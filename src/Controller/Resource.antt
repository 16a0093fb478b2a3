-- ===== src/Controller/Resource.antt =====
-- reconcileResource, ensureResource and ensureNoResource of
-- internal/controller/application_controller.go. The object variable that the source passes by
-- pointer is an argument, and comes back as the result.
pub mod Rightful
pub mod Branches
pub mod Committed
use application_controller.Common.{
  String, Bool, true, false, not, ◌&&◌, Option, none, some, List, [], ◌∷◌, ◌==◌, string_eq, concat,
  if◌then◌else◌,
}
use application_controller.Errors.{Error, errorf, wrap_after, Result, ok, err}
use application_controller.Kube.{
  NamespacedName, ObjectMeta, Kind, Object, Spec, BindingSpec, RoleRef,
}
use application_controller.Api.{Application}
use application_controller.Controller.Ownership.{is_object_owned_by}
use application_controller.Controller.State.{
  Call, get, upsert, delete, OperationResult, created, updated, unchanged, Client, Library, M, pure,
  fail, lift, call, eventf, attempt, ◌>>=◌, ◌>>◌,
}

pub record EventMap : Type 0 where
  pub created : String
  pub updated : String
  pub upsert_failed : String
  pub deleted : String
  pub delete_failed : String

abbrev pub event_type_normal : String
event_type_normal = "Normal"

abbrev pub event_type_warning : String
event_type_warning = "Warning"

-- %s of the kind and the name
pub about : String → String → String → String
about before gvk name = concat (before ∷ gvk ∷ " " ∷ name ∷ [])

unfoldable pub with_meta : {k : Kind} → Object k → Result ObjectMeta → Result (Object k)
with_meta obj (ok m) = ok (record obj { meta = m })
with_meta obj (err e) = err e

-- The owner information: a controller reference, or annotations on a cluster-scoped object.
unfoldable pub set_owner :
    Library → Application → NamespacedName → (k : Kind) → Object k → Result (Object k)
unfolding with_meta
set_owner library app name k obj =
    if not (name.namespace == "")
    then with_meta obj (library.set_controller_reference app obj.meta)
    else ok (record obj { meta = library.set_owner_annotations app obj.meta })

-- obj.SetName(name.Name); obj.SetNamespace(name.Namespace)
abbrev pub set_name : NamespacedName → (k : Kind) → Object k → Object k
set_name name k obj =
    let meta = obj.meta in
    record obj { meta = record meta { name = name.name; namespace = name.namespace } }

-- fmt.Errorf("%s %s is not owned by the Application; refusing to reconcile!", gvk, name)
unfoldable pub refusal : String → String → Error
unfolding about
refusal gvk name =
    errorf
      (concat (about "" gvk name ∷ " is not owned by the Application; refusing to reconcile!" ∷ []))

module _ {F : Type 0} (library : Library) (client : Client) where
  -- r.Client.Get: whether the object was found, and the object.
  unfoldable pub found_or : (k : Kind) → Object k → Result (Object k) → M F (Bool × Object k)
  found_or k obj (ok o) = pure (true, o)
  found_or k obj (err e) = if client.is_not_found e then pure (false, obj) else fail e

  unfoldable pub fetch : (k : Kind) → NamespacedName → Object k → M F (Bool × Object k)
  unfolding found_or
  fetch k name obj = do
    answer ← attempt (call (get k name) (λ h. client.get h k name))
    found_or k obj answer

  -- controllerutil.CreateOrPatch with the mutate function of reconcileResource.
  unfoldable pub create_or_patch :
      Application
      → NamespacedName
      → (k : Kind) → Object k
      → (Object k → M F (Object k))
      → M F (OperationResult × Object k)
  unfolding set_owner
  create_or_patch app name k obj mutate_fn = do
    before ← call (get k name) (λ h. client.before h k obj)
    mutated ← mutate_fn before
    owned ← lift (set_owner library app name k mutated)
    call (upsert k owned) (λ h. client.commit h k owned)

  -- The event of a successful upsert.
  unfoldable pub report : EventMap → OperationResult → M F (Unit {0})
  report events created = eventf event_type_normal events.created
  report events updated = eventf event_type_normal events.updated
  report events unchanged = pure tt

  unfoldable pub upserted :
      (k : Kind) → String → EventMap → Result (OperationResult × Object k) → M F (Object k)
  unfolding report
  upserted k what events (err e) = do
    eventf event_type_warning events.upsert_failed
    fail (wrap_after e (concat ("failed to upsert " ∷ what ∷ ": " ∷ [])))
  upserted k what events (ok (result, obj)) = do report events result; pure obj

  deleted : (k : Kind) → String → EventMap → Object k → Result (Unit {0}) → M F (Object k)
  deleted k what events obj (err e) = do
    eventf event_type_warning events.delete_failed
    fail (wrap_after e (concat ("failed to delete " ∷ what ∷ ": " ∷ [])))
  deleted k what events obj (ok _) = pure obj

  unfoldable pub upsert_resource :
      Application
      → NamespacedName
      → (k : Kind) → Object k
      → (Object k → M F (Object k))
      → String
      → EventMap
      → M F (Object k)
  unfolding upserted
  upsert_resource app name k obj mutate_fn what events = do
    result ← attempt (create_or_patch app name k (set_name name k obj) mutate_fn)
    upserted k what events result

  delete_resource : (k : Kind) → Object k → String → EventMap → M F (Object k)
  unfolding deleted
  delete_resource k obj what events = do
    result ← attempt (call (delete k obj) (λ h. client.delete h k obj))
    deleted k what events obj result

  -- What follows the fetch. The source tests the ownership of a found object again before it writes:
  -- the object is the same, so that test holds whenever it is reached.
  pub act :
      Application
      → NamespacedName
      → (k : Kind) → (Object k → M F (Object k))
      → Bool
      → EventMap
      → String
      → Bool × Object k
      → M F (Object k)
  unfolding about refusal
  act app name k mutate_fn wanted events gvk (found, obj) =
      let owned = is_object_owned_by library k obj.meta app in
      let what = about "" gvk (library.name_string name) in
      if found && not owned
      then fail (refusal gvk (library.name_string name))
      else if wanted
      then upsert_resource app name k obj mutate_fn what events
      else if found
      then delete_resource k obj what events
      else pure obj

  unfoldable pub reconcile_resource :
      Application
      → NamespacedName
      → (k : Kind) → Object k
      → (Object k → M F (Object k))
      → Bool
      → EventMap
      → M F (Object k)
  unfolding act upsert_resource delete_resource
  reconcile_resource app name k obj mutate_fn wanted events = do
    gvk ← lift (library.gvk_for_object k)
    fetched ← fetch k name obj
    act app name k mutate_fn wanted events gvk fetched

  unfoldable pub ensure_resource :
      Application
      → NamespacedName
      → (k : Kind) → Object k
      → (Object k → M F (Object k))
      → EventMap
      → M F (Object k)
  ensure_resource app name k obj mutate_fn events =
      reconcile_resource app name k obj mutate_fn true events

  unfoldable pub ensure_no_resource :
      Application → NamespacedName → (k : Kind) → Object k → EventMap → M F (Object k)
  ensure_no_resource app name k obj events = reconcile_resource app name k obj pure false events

________________________

(PROBLEM DESCRIPTION)
Wherever the string "reconcileResource" occurs in the entries, copy that whole line.

(PROBLEM SOLUTION)
-- reconcileResource, ensureResource and ensureNoResource of
  -- controllerutil.CreateOrPatch with the mutate function of reconcileResource.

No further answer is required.